• [Activity]: What follows are records. Restate all of them word for word.

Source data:
########
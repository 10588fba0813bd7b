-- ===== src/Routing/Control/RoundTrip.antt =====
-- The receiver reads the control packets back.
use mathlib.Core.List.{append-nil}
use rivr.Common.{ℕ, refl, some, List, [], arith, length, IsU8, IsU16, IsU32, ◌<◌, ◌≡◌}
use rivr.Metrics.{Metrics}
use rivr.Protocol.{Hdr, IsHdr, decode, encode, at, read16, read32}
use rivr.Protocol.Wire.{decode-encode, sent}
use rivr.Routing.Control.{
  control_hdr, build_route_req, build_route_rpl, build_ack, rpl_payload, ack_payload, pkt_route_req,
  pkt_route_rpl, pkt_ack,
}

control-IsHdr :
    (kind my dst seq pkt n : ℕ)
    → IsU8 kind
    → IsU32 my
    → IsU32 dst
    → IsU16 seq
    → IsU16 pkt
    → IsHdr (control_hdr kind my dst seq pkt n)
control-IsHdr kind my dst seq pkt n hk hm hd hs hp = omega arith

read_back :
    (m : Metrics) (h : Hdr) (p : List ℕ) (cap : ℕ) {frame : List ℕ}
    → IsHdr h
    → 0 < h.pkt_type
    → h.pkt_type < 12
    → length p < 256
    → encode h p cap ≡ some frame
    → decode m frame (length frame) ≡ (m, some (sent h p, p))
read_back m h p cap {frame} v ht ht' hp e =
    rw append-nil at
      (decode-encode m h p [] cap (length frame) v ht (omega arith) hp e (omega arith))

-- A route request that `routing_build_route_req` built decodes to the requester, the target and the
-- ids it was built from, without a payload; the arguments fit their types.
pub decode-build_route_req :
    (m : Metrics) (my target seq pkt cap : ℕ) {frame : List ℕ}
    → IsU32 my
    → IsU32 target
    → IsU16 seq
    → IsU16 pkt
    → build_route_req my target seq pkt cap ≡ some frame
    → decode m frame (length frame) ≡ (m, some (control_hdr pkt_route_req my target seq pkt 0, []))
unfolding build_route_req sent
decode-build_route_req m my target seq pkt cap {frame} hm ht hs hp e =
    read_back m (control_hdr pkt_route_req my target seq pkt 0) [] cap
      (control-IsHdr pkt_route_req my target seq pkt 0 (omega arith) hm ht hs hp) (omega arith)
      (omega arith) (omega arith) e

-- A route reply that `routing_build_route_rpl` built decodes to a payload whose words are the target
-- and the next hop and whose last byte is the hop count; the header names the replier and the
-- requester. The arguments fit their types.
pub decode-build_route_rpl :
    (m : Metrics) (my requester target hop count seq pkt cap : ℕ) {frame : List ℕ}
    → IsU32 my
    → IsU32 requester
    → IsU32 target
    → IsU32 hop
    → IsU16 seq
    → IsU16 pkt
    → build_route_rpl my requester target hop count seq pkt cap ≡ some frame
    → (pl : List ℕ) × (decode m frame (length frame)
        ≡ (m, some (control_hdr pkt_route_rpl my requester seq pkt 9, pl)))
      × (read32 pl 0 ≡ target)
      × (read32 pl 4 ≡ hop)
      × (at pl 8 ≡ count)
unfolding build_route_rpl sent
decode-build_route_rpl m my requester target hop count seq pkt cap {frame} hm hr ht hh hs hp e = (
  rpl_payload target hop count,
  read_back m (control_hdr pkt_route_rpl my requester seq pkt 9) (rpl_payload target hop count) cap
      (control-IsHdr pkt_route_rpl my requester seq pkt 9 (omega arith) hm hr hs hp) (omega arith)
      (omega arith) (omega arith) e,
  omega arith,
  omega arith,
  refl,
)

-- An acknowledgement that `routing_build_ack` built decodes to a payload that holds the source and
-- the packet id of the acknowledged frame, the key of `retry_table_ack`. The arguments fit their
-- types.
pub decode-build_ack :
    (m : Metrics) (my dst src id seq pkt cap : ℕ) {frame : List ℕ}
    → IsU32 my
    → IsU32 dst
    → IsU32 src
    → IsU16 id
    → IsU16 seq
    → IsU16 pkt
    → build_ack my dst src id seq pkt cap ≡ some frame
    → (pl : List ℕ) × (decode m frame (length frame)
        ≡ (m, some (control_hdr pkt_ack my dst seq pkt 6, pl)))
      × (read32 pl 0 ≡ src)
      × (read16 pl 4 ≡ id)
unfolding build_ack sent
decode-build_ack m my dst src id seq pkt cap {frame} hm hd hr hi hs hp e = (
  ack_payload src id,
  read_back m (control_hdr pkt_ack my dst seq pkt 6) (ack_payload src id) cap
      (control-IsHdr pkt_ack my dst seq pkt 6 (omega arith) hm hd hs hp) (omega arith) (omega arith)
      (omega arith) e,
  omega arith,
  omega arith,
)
########
• [Task output]:
repository 10588fba0813bd7b
-- ===== src/Routing/Control/RoundTrip.antt =====
-- The receiver reads the control packets back.
use mathlib.Core.List.{append-nil}
use rivr.Common.{ℕ, refl, some, List, [], arith, length, IsU8, IsU16, IsU32, ◌<◌, ◌≡◌}
use rivr.Metrics.{Metrics}
use rivr.Protocol.{Hdr, IsHdr, decode, encode, at, read16, read32}
use rivr.Protocol.Wire.{decode-encode, sent}
use rivr.Routing.Control.{
  control_hdr, build_route_req, build_route_rpl, build_ack, rpl_payload, ack_payload, pkt_route_req,
  pkt_route_rpl, pkt_ack,
}

control-IsHdr :
    (kind my dst seq pkt n : ℕ)
    → IsU8 kind
    → IsU32 my
    → IsU32 dst
    → IsU16 seq
    → IsU16 pkt
    → IsHdr (control_hdr kind my dst seq pkt n)
control-IsHdr kind my dst seq pkt n hk hm hd hs hp = omega arith

read_back :
    (m : Metrics) (h : Hdr) (p : List ℕ) (cap : ℕ) {frame : List ℕ}
    → IsHdr h
    → 0 < h.pkt_type
    → h.pkt_type < 12
    → length p < 256
    → encode h p cap ≡ some frame
    → decode m frame (length frame) ≡ (m, some (sent h p, p))
read_back m h p cap {frame} v ht ht' hp e =
    rw append-nil at
      (decode-encode m h p [] cap (length frame) v ht (omega arith) hp e (omega arith))

-- A route request that `routing_build_route_req` built decodes to the requester, the target and the
-- ids it was built from, without a payload; the arguments fit their types.
pub decode-build_route_req :
    (m : Metrics) (my target seq pkt cap : ℕ) {frame : List ℕ}
    → IsU32 my
    → IsU32 target
    → IsU16 seq
    → IsU16 pkt
    → build_route_req my target seq pkt cap ≡ some frame
    → decode m frame (length frame) ≡ (m, some (control_hdr pkt_route_req my target seq pkt 0, []))
unfolding build_route_req sent
decode-build_route_req m my target seq pkt cap {frame} hm ht hs hp e =
    read_back m (control_hdr pkt_route_req my target seq pkt 0) [] cap
      (control-IsHdr pkt_route_req my target seq pkt 0 (omega arith) hm ht hs hp) (omega arith)
      (omega arith) (omega arith) e

-- A route reply that `routing_build_route_rpl` built decodes to a payload whose words are the target
-- and the next hop and whose last byte is the hop count; the header names the replier and the
-- requester. The arguments fit their types.
pub decode-build_route_rpl :
    (m : Metrics) (my requester target hop count seq pkt cap : ℕ) {frame : List ℕ}
    → IsU32 my
    → IsU32 requester
    → IsU32 target
    → IsU32 hop
    → IsU16 seq
    → IsU16 pkt
    → build_route_rpl my requester target hop count seq pkt cap ≡ some frame
    → (pl : List ℕ) × (decode m frame (length frame)
        ≡ (m, some (control_hdr pkt_route_rpl my requester seq pkt 9, pl)))
      × (read32 pl 0 ≡ target)
      × (read32 pl 4 ≡ hop)
      × (at pl 8 ≡ count)
unfolding build_route_rpl sent
decode-build_route_rpl m my requester target hop count seq pkt cap {frame} hm hr ht hh hs hp e = (
  rpl_payload target hop count,
  read_back m (control_hdr pkt_route_rpl my requester seq pkt 9) (rpl_payload target hop count) cap
      (control-IsHdr pkt_route_rpl my requester seq pkt 9 (omega arith) hm hr hs hp) (omega arith)
      (omega arith) (omega arith) e,
  omega arith,
  omega arith,
  refl,
)

-- An acknowledgement that `routing_build_ack` built decodes to a payload that holds the source and
-- the packet id of the acknowledged frame, the key of `retry_table_ack`. The arguments fit their
-- types.
pub decode-build_ack :
    (m : Metrics) (my dst src id seq pkt cap : ℕ) {frame : List ℕ}
    → IsU32 my
    → IsU32 dst
    → IsU32 src
    → IsU16 id
    → IsU16 seq
    → IsU16 pkt
    → build_ack my dst src id seq pkt cap ≡ some frame
    → (pl : List ℕ) × (decode m frame (length frame)
        ≡ (m, some (control_hdr pkt_ack my dst seq pkt 6, pl)))
      × (read32 pl 0 ≡ src)
      × (read16 pl 4 ≡ id)
unfolding build_ack sent
decode-build_ack m my dst src id seq pkt cap {frame} hm hd hr hi hs hp e = (
  ack_payload src id,
  read_back m (control_hdr pkt_ack my dst seq pkt 6) (ack_payload src id) cap
      (control-IsHdr pkt_ack my dst seq pkt 6 (omega arith) hm hd hs hp) (omega arith) (omega arith)
      (omega arith) e,
  omega arith,
  omega arith,
)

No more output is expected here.